Notebook: August 2015
Topics of interest to Tulsans
At its May 1 gala, Monte Cassino auctioned an opportunity to skydive with Sister Julia Marie Roy. In an ironic twist, the $11,000 winning bidders appointed the school’s director, Matthew Vereecke (right). He, too, will make the leap of faith on Aug. 21.
Sister Julia Marie Roy is used to “The Flying Nun” jokes. That’s because the director of mission integration for Monte Cassino School will soon jump from a plane to make good on a promise.
Earlier this year, Roy agreed to make her skydiving debut if the Monte Cassino community raised $60,000 for endowed scholarships to help families of students who might otherwise be unable to attend the school.
The funds were raised, so on Aug. 21 Roy, 54, will jump tandem with an instructor from Skydive Tulsa. Buses will take Monte Cassino students and families to the landing site, where a celebration will include barbecue, sno cones and games.
Although she has “never done anything this crazy before,” Roy says she doesn’t fear her impending stunt.

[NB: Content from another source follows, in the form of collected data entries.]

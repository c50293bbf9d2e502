-- ===== src/AckTracker/Frames.antt =====
-- The ACK frames that lib/ngtcp2_acktr.c makes.
use zngtcp.Base.{
  ℕ, zero, suc, ◌+◌, ◌-◌, ◌/◌, ◌%◌, ◌^◌, min, List, [], ◌∷◌, Option, none, some, Bool, not, ◌&&◌,
  Outcome, ok, fault, ◌>>=◌, ◌>>◌, assert, ltb, leb, ◌==◌, length, if◌then◌else◌,
}
use zngtcp.Frame.{Ack, AckRange, max_ack_ranges}
use zngtcp.AckTracker.{uint64_max, AcktrEntry, AckTracker, commit_ack}

-- `ngtcp2_tstamp_elapsed`
unfoldable pub tstamp_elapsed : ℕ → ℕ → ℕ → Bool
tstamp_elapsed base d ts =
    (not (base == uint64_max) && ltb base (uint64_max - d)) && leb (base + d) ts

unfoldable pub require_active_ack : AckTracker → ℕ → ℕ → Bool
unfolding tstamp_elapsed
require_active_ack t max_ack_delay ts = tstamp_elapsed t.first_unacked_ts max_ack_delay ts

-- `fr->ranges` of at most `n` entries, below `last`
unfoldable pub ranges_of : ℕ → ℕ → List AcktrEntry → List AckRange
ranges_of zero last es = []
ranges_of (suc n) last [] = []
ranges_of (suc n) last (e ∷ es) =
    record { gap = last - e.pkt_num - 2; len = e.len - 1 }
    ∷ ranges_of n (e.pkt_num - (e.len - 1)) es

-- The first range: the largest packet, its time, the length, and the entries that are left
pub record FirstRange : Type 0 where
  pub largest_ack : ℕ
  pub largest_ack_ts : ℕ
  pub first_ack_range : ℕ
  pub last_pkt_num : ℕ
  pub left : List AcktrEntry

unfoldable pub first_range : ℕ → ℕ → AcktrEntry → List AcktrEntry → Outcome FirstRange
first_range max_num max_ts e es =
    let last = e.pkt_num - (e.len - 1) in
    if e.pkt_num == max_num
    then ok (record {
      largest_ack = e.pkt_num;
      largest_ack_ts = e.tstamp;
      first_ack_range = e.len - 1;
      last_pkt_num = last;
      left = es;
    })
    else if e.pkt_num + 1 == max_num
    then ok (record {
      largest_ack = max_num;
      largest_ack_ts = max_ts;
      first_ack_range = e.len;
      last_pkt_num = last;
      left = es;
    })
    else (do
      assert (ltb e.pkt_num max_num)
      ok (record {
        largest_ack = max_num;
        largest_ack_ts = max_ts;
        first_ack_range = 0;
        last_pkt_num = max_num;
        left = e ∷ es;
      }))

-- The frame of `is_1rtt` packets has a delay, in microseconds and scaled.
unfoldable pub frame_of : AckTracker → Bool → ℕ → ℕ → FirstRange → Ack
unfolding ranges_of
frame_of t is_1rtt ts exponent f =
    let delay = if is_1rtt then (ts + 2 ^ 64 - f.largest_ack_ts) % 2 ^ 64 else 0 in
    let no_ecn = t.ecn.ect0 == 0 && t.ecn.ect1 == 0 && t.ecn.ce == 0 in
    record {
      largest_ack = f.largest_ack;
      ack_delay = delay / 1000 / 2 ^ exponent;
      ack_delay_unscaled = delay;
      ecn = if no_ecn then none else some t.ecn;
      first_ack_range = f.first_ack_range;
      ranges = ranges_of (min (length f.left) max_ack_ranges) f.last_pkt_num f.left;
    }

-- The frame of the entries, below the largest packet number
unfoldable pub frame_of_ents :
    AckTracker → Bool → ℕ → ℕ → List AcktrEntry → Option ℕ → Outcome (Option Ack × AckTracker)
unfolding first_range frame_of
frame_of_ents t is_1rtt ts exponent [] max_num = ok (none, commit_ack t)
frame_of_ents t is_1rtt ts exponent (e ∷ es) none = fault
frame_of_ents t is_1rtt ts exponent (e ∷ es) (some max_num) = do
  f ← first_range max_num t.max_pkt_ts e es
  ok (some (frame_of t is_1rtt ts exponent f), t)

-- The result is the frame, or none for -1, and the tracker.
unfoldable pub create_ack_frame : AckTracker → Bool → ℕ → ℕ → ℕ → Outcome (Option Ack × AckTracker)
unfolding frame_of_ents
create_ack_frame t is_1rtt ts ack_delay exponent =
    let delay = if t.immediate_ack then 0 else ack_delay in
    let created = frame_of_ents t is_1rtt ts exponent t.ents t.max_pkt_num in
    if require_active_ack t delay ts then created else ok (none, t)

“I taught junior high for 11 years,” she says. “It can’t be that difficult.”
When The Tristesse Grief Center solicited work from local artists for its April fundraiser, Artscape, it got more than it bargained for.
“Local art donations keep pouring in” after the event, said Executive Director Susan Bramsch in a press release.

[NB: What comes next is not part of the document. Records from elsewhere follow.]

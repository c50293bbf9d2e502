-- ===== src/AckTracker/Tracked.antt =====
-- The packet numbers that the entries of `ngtcp2_acktr` in lib/ngtcp2_acktr.c stand for.
use zngtcp.Base.{
  ℕ, zero, suc, ◌+◌, ◌-◌, ◌≤◌, ◌<◌, ◌≡◌, refl, inl, inr, List, [], ◌∷◌, none, some, Bool, true,
  false, ◌&&◌, ◌||◌, Bool-cases, ltb, leb, length, take, arith,
}
use zngtcp.AckTracker.{AcktrEntry, AckTracker, max_ent}

-- `e` stands for the packet `n`.
abbrev pub entry_covers : ℕ → AcktrEntry → Bool
entry_covers n e = ltb e.pkt_num (n + e.len) && leb n e.pkt_num

unfoldable pub tracked : ℕ → List AcktrEntry → Bool
tracked n [] = false
tracked n (e ∷ es) = entry_covers n e || tracked n es

-- Below `bound`, the entries go down and leave a gap in between.
abbrev pub Ranges : ℕ → List AcktrEntry → Type 0
Ranges bound [] = Unit
Ranges bound (e ∷ es) =
    (e.pkt_num < bound) × (1 ≤ e.len) × (e.len ≤ e.pkt_num + 1) × Ranges (e.pkt_num - e.len) es

pub tracked-below :
    (m bound : ℕ) (es : List AcktrEntry) → Ranges bound es → tracked m es ≡ true → m < bound
unfolding tracked
tracked-below m bound [] r is = absurd (ground (arith, is))
tracked-below m bound (e ∷ es) r is = elim (Bool-cases (entry_covers m e)) [
  | inl here ↦ ground (arith, here)
  | inr past ↦
      let low = tracked-below m (e.pkt_num - e.len) es r.3 (ground (arith, past, is)) in
      omega (arith, low, r.0)
]

pub Ranges-weaken :
    (bound bound' : ℕ) (es : List AcktrEntry) → bound ≤ bound' → Ranges bound es → Ranges bound' es
Ranges-weaken bound bound' [] le r = tt
Ranges-weaken bound bound' (e ∷ es) le (lt, one, len, r) = (omega (arith, lt, le), one, len, r)

pub take-Ranges : (bound k : ℕ) (es : List AcktrEntry) → Ranges bound es → Ranges bound (take k es)
take-Ranges bound zero es r = tt
take-Ranges bound (suc k) [] r = tt
take-Ranges bound (suc k) (e ∷ es) (lt, one, le, r) =
    (lt, one, le, take-Ranges (e.pkt_num - e.len) k es r)

-- Of `es`, the entries `es'` stand for the packet numbers from `floor` on.
abbrev pub From : ℕ → List AcktrEntry → List AcktrEntry → Type 0
From floor es es' = (m : ℕ) → tracked m es' ≡ (tracked m es && leb floor m)

pub take-From :
    (bound k : ℕ) (es : List AcktrEntry)
    → Ranges bound es
    → (floor : ℕ) × (floor ≤ bound) × From floor es (take k es)
unfolding tracked
take-From bound zero es r = (
  bound,
  omega arith,
  λ m. elim (Bool-cases (tracked m es)) [
    | inl is ↦ let low = tracked-below m bound es r is in ground (arith, low)
    | inr out ↦ ground (arith, out)
  ],
)
take-From bound (suc k) [] r = (0, omega arith, λ m. refl)
take-From bound (suc k) (e ∷ es) r =
    let (floor, le, from) = take-From (e.pkt_num - e.len) k es r.3 in
    (
      floor,
      omega (arith, le, r.0),
      λ m. elim (Bool-cases (entry_covers m e)) [
        | inl here ↦ ground (arith, here, le)
        | inr past ↦ ground (arith, past, from m)
      ],
    )

-- The packet numbers of the entries are below this.
abbrev pub top : AckTracker → ℕ
top t = elim t.max_pkt_num [ none ↦ 0 | some m ↦ suc m ]

-- The entries go down from the largest packet number with gaps in between, and 33 are the most.
pub record IsTracker (t : AckTracker) : Type 0 where
  pub ranges : Ranges (top t) t.ents
  pub few : length t.ents ≤ max_ent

The unexpected response prompted staff to create “Art for Heart’s Sake,” a pop-up art gallery at the grief center, 4646 S. Harvard Ave. The gallery, featuring local artists, will remain open all summer from 9 a.m.-5 p.m. on Mondays.
All art is for sale, and proceeds benefit Healing Hearts Camp, Oklahoma’s first overnight grief camp for kids and teens.
“Every artist wants to help, so we couldn’t think of a more appropriate action than to create an art gallery to showcase these wonderful expressions of love and hope,” Bramsch said.
If you or an artist you know would like to participate in the gallery, contact Carolyn Yoder at 918-587-1200 or email@example.com.
Tulsa natives’ musical snags four Tony Awards
In June, the musical “An American in Paris” received four 2015 Tony Awards for best choreography, orchestrations, lighting and scenic design.
Produced by Tulsa natives Anne O’Shea and Brian Quattrini of Minerva Productions, it received 12 nominations, including one for “Best Musical.” The show is “a romantic story of a young American soldier and a gorgeous French girl,” according to a press release.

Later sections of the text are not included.